Are you seeking deeper insights delivered straight to your inbox? Stay updated with our weekly newsletters tailored to enterprise AI, data, and security leaders. Subscribe now to receive curated content that truly matters.
Russia’s APT28 has been actively using LLM-powered malware against Ukraine, while on the dark web, platforms are selling similar capabilities for $250 per month.
Recently, Ukraine’s CERT-UA documented LAMEHUG, the first confirmed instance of LLM-powered malware in the wild. This malware, attributed to APT28, leverages stolen Hugging Face API tokens to query AI models, facilitating real-time attacks while distracting victims with irrelevant content.
According to Cato Networks researcher Vitaly Simonovich, these incidents are not isolated and APT28 is employing this attack technique to test Ukrainian cyber defenses. Simonovich draws parallels between the threats faced by Ukraine and those encountered by enterprises today and in the future.
A notable discovery by Simonovich is how easily any enterprise AI tool can be converted into a malware development platform in under six hours.
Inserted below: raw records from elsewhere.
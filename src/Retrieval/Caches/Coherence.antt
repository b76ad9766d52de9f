-- ===== src/Retrieval/Caches/Coherence.antt =====
-- What every call keeps of the caches: the ids of the BM25 cache are the keys of the corpus beside it.
use mathlib.Core.Path.{subst}
use audit_flow_ai.Base.{
  String, ◌≡◌, refl, sym, Option, none, some, List, map, Option-cases, inl, inr,
}
use audit_flow_ai.Base.Dict.{Dict, keys, values}
use audit_flow_ai.Exec.{
  Result, ok, raised, Exec, ◌>>=◌, pure, modify, After, After-bind, After-mono,
}
use audit_flow_ai.Schemas.Floats.{Floats}
use audit_flow_ai.Schemas.Retrieval.{ChunkRecord}
use audit_flow_ai.Retrieval.Caches.{
  Engines, Caches, Query, on_engines, new_bm25_index, get_embedder, get_faiss_index, get_bm25_index,
  get_indexes, build_bm25, get_cached_bm25, corpus_of, tokens,
}

module _ {F : Floats} (g : Engines F) where
  abbrev pub Agree : Option (List String × g.Okapi) → Option (Dict ChunkRecord) → Type 0
  Agree none corpus = Unit
  Agree (some cache) none = ⊥
  Agree (some cache) (some corpus) = cache.0 ≡ keys corpus

  abbrev pub IsCoherent : Caches g → Type 0
  IsCoherent s = Agree s.bm25_cache s.bm25_index

  -- A call that touches only the engines keeps what does not speak of them.
  pub on_engines-After :
      {A : Type 0} (I : Caches g → Type 0) (e : Exec g.World A) (s : Caches g)
      → ((w : g.World) → I (record s { engines = w }))
      → After I (λ _ u. I u) (on_engines g e s)
  on_engines-After {A} I e s h = go (e s.engines).0 (h (e s.engines).1)
    where
      go :
          (r : Result A)
          → I (record s { engines = (e s.engines).1 })
          → After I (λ _ u. I u) (r, record s { engines = (e s.engines).1 })
      go (ok a) i = i
      go (raised x) i = i

  abbrev pub Has : Dict ChunkRecord → Caches g → Type 0
  Has corpus s = IsCoherent s × (s.bm25_index ≡ some corpus)

  pub new_bm25_index-After :
      (I : Caches g → Type 0) (s : Caches g)
      → ((w : g.World) → I (record s { engines = w }))
      → After I (λ _ u. I u) (new_bm25_index g s)
  unfolding new_bm25_index
  new_bm25_index-After I s h =
      After-bind I (λ _ u. I u) (λ _ u. I u) (on_engines g g.read_corpus) s
        (λ corpus. pure (corpus_of g corpus)) (on_engines-After I g.read_corpus s h) (λ a u i. i)

  -- `J` speaks of the BM25 index and its cache only.
  abbrev pub Kept :
      (Option (List String × g.Okapi) → Option (Dict ChunkRecord) → Type 0) → Caches g → Type 0
  Kept J s = J s.bm25_cache s.bm25_index

  module _ (J : Option (List String × g.Okapi) → Option (Dict ChunkRecord) → Type 0) where
    get_embedder-After :
        (s : Caches g) → Kept J s → After (Kept J) (λ _ u. Kept J u) (get_embedder g s)
    unfolding get_embedder
    get_embedder-After s h = elim (Option-cases s.embedder) [
      | inr (e, f) ↦ rw (f, get_embedder) h
      | inl f ↦
          rw (f, get_embedder)
            (After-bind (Kept J) (λ _ u. Kept J u) (λ _ u. Kept J u) (on_engines g g.load_embedder)
              s (λ e. modify (λ s. record s { embedder = some e }) >>= λ _. pure e)
              (on_engines-After (Kept J) g.load_embedder s (λ w. h)) (λ a u i. i))
    ]

    get_faiss_index-After :
        (e : g.Embedder) (s : Caches g)
        → Kept J s
        → After (Kept J) (λ _ u. Kept J u) (get_faiss_index g e s)
    unfolding get_faiss_index
    get_faiss_index-After e s h = elim (Option-cases s.faiss_index) [
      | inr (i, f) ↦ rw (f, get_faiss_index) h
      | inl f ↦
          rw (f, get_faiss_index)
            (After-bind (Kept J) (λ _ u. Kept J u) (λ _ u. Kept J u) (on_engines g (g.load_local e))
              s (λ i. modify (λ s. record s { faiss_index = some i }) >>= λ _. pure i)
              (on_engines-After (Kept J) (g.load_local e) s (λ w. h)) (λ a u i. i))
    ]

    -- `get_indexes` establishes what `get_bm25_index` does.
    get_indexes_rule :
        (Q : Dict ChunkRecord → Caches g → Type 0)
        → ((u : Caches g) → Kept J u → After (Kept J) Q (get_bm25_index g u))
        → (s : Caches g) → Kept J s
        → After (Kept J) (λ indexes u. Q indexes.1 u) (get_indexes g s)
    unfolding get_indexes
    get_indexes_rule Q rule s h =
        After-bind (Kept J) (λ _ u. Kept J u) (λ indexes u. Q indexes.1 u) (get_embedder g) s
          (λ embedder. get_faiss_index g embedder >>= λ faiss.
            get_bm25_index g >>= λ corpus. pure (faiss, corpus))
          (get_embedder-After s h)
          λ embedder u i.
            After-bind (Kept J) (λ _ u. Kept J u) (λ indexes u. Q indexes.1 u)
              (get_faiss_index g embedder) u
              (λ faiss. get_bm25_index g >>= λ corpus. pure (faiss, corpus))
              (get_faiss_index-After embedder u i)
              λ faiss v j.
                After-bind (Kept J) Q (λ indexes u. Q indexes.1 u) (get_bm25_index g) v
                  (λ corpus. pure (faiss, corpus)) (rule v j) (λ corpus w k. k)

  Agree-new :
      (cache : Option (List String × g.Okapi)) (corpus : Dict ChunkRecord)
      → Agree cache none
      → Agree cache (some corpus)
  Agree-new none corpus h = tt
  Agree-new (some cache) corpus h = absurd h

  abbrev Without : Caches g → Type 0
  Without s = Agree s.bm25_cache none

  get_bm25_index-After : (s : Caches g) → IsCoherent s → After IsCoherent Has (get_bm25_index g s)
  unfolding get_bm25_index
  get_bm25_index-After s h = elim (Option-cases s.bm25_index) [
    | inr (corpus, f) ↦ rw (f, get_bm25_index) (h, f)
    | inl f ↦
        let free : Without s = subst (Agree s.bm25_cache) f h in
        rw (f, get_bm25_index)
          (After-mono (λ u. Without u × (u.bm25_index ≡ none)) IsCoherent Has Has _
            (λ u i. subst (Agree u.bm25_cache) (sym i.1) i.0) (λ a u i. i)
            (After-bind (λ u. Without u × (u.bm25_index ≡ none))
              (λ _ u. Without u × (u.bm25_index ≡ none)) Has (new_bm25_index g) s
              (λ corpus. modify (λ s. record s { bm25_index = some corpus }) >>= λ _. pure corpus)
              (new_bm25_index-After (λ u. Without u × (u.bm25_index ≡ none)) s (λ w. (free, f)))
              (λ corpus u i. (Agree-new u.bm25_cache corpus i.0, refl))))
  ]

  pub get_indexes-After :
      (s : Caches g)
      → IsCoherent s
      → After IsCoherent (λ indexes u. Has indexes.1 u) (get_indexes g s)
  get_indexes-After = get_indexes_rule Agree Has get_bm25_index-After

  -- A corpus that is loaded stays.
  abbrev Stays :
      Dict ChunkRecord → Option (List String × g.Okapi) → Option (Dict ChunkRecord) → Type 0
  Stays corpus cache index = Agree cache index × (index ≡ some corpus)

  pub get_indexes_stays :
      (corpus : Dict ChunkRecord) (s : Caches g)
      → Has corpus s
      → After (Has corpus) (λ indexes u. Has corpus u × (indexes.1 ≡ corpus)) (get_indexes g s)
  unfolding get_bm25_index
  get_indexes_stays corpus =
      get_indexes_rule (Stays corpus) (λ found u. Has corpus u × (found ≡ corpus))
        λ u h. rw (h.1, get_bm25_index) (h, refl)

  abbrev pub Built :
      (Caches g → Type 0) → Dict ChunkRecord → List String × g.Okapi → Caches g → Type 0
  Built I corpus cache u = I u × (cache.0 ≡ keys corpus)

  pub build_bm25-After :
      (I : Caches g → Type 0) (corpus : Dict ChunkRecord) (s : Caches g)
      → ((w : g.World) → I (record s { engines = w }))
      → After I (Built I corpus) (build_bm25 g corpus s)
  unfolding build_bm25
  build_bm25-After I corpus s h =
      let call = g.okapi (map (λ c. tokens g c.raw_chunk_text) (values corpus)) in
      After-bind I (λ _ u. I u) (Built I corpus) (on_engines g call) s
        (λ index. pure (keys corpus, index)) (on_engines-After I call s h) (λ index u i. (i, refl))

  abbrev cache_new : Dict ChunkRecord → Query g (List String × g.Okapi)
  cache_new corpus = build_bm25 g corpus >>= λ cache.
      modify (λ s. record s { bm25_cache = some cache }) >>= λ _. pure cache

  keep_new :
      (corpus : Dict ChunkRecord) (u : Caches g)
      → Has corpus u
      → After (Has corpus) (λ _ v. Has corpus v) (cache_new corpus u)
  keep_new corpus u i =
      After-bind (Has corpus) (Built (Has corpus) corpus) (λ _ v. Has corpus v)
        (build_bm25 g corpus) u
        (λ cache. modify (λ s. record s { bm25_cache = some cache }) >>= λ _. pure cache)
        (build_bm25-After (Has corpus) corpus u (λ w. i))
        (λ cache v j. (subst (Agree (some cache)) (sym (j.0.1)) j.1, j.0.1))

  pub get_cached_bm25-After :
      (s : Caches g) → IsCoherent s → After IsCoherent (λ _ u. IsCoherent u) (get_cached_bm25 g s)
  unfolding get_cached_bm25
  get_cached_bm25-After s h = elim (Option-cases s.bm25_cache) [
    | inr (cache, f) ↦ rw (f, get_cached_bm25) h
    | inl f ↦
        rw (f, get_cached_bm25)
          (After-bind IsCoherent (λ indexes u. Has indexes.1 u) (λ _ u. IsCoherent u)
            (get_indexes g) s (λ indexes. cache_new indexes.1) (get_indexes-After s h)
            λ indexes u i.
              After-mono (Has indexes.1) IsCoherent (λ _ v. Has indexes.1 v) (λ _ v. IsCoherent v)
                (cache_new indexes.1 u) (λ v j. j.0) (λ a v j. j.0) (keep_new indexes.1 u i))
  ]

  pub get_cached_bm25_stays :
      (corpus : Dict ChunkRecord) (s : Caches g)
      → Has corpus s
      → After (Has corpus) (λ _ u. Has corpus u) (get_cached_bm25 g s)
  unfolding get_cached_bm25
  get_cached_bm25_stays corpus s h = elim (Option-cases s.bm25_cache) [
    | inr (cache, f) ↦ rw (f, get_cached_bm25) h
    | inl f ↦
        rw (f, get_cached_bm25)
          (After-bind (Has corpus) (λ indexes u. Has corpus u × (indexes.1 ≡ corpus))
            (λ _ u. Has corpus u) (get_indexes g) s (λ indexes. cache_new indexes.1)
            (get_indexes_stays corpus s h)
            λ indexes u i.
              subst (λ d. After (Has corpus) (λ _ v. Has corpus v) (cache_new d u)) (sym i.1)
                (keep_new corpus u i.0))
  ]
He successfully demonstrated how popular AI models such as OpenAI, Microsoft, DeepSeek-V3, and DeepSeek-R1 can be transformed into functional password stealers, bypassing existing safety controls.
The convergence of nation-state actors utilizing AI-powered malware and researchers exposing vulnerabilities in enterprise AI tools coincides with the explosive adoption of AI in over 3,000 enterprises, as highlighted in the 2025 Cato CTRL Threat Report. The report indicates a significant increase in the adoption of AI models such as Copilot, ChatGPT, Gemini, Perplexity, and Claude by organizations.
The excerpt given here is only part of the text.